How to complete this task: Go through the entries and copy every line that has the string "zero" in it.
[Data to use — start]
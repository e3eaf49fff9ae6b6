-- ===== src/Messages/Copying.antt =====
-- The copy loop of `read_all_raw_bytes` in common/handlers/messages.c.
use jm_bus.Common.{
  ℕ, zero, suc, ◌<◌, ◌≡◌, refl, inl, inr, false, List, [], ◌∷◌, length, arith, Bool-cases, fault,
  out_of_bounds, Settles,
}
use jm_bus.Cstd.{Array, ArrayLib, Plenty}
use jm_bus.Cstd.Loops.{insert_each, inserts}
use jm_bus.Messages.Receive.{copy_read}
use jm_bus.Sockets.{Sockets}

module _ {W : Type 0} (os : Sockets W) (lib : ArrayLib W) where
  -- As many as there are.
  pub copy_read_all :
      (bytes : List ℕ) (buf : Array ℕ) (w : W)
      → copy_read os lib (length bytes) buf bytes w ≡ insert_each lib buf bytes w
  unfolding copy_read insert_each
  copy_read_all [] buf w = refl
  copy_read_all (x ∷ bytes) buf w = elim (Bool-cases (lib.insert buf x w).0.0) [
    | inl good ↦ rw good (copy_read_all bytes (lib.insert buf x w).0.1 (lib.insert buf x w).1)
    | inr bad ↦ rw bad refl
  ]

  -- More than there are: if memory lasts, the loop reads behind them.
  pub copy_read-past :
      (plenty : Plenty lib) (n : ℕ) (cells : List ℕ) (buf : Array ℕ) (w : W)
      → length cells < n
      → copy_read os lib n buf cells w ≡ fault out_of_bounds
  unfolding copy_read
  copy_read-past plenty zero cells buf w more = absurd (omega arith)
  copy_read-past plenty (suc n) [] buf w more = refl
  copy_read-past plenty (suc n) (x ∷ cells) buf w more =
      rw (inserts lib plenty buf x w) (
        copy_read-past plenty n cells (lib.insert buf x w).0.1 (lib.insert buf x w).1 (omega arith))

  pub copy_read-settles :
      (n : ℕ) (cells : List ℕ) (buf : Array ℕ) (w : W)
      → length cells < n
      → Settles (copy_read os lib n buf cells w) (λ r _. r.0 ≡ false)
  unfolding copy_read
  copy_read-settles zero cells buf w more = absurd (omega arith)
  copy_read-settles (suc n) [] buf w more = tt
  copy_read-settles (suc n) (x ∷ cells) buf w more = elim (Bool-cases (lib.insert buf x w).0.0) [
    | inl good ↦
        rw good
          (copy_read-settles n cells (lib.insert buf x w).0.1 (lib.insert buf x w).1 (omega arith))
    | inr bad ↦ rw bad refl
  ]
[Data to use — finish]
Answer box:
  ℕ, zero, suc, ◌<◌, ◌≡◌, refl, inl, inr, false, List, [], ◌∷◌, length, arith, Bool-cases, fault,
  copy_read-past plenty zero cells buf w more = absurd (omega arith)
  copy_read-settles zero cells buf w more = absurd (omega arith)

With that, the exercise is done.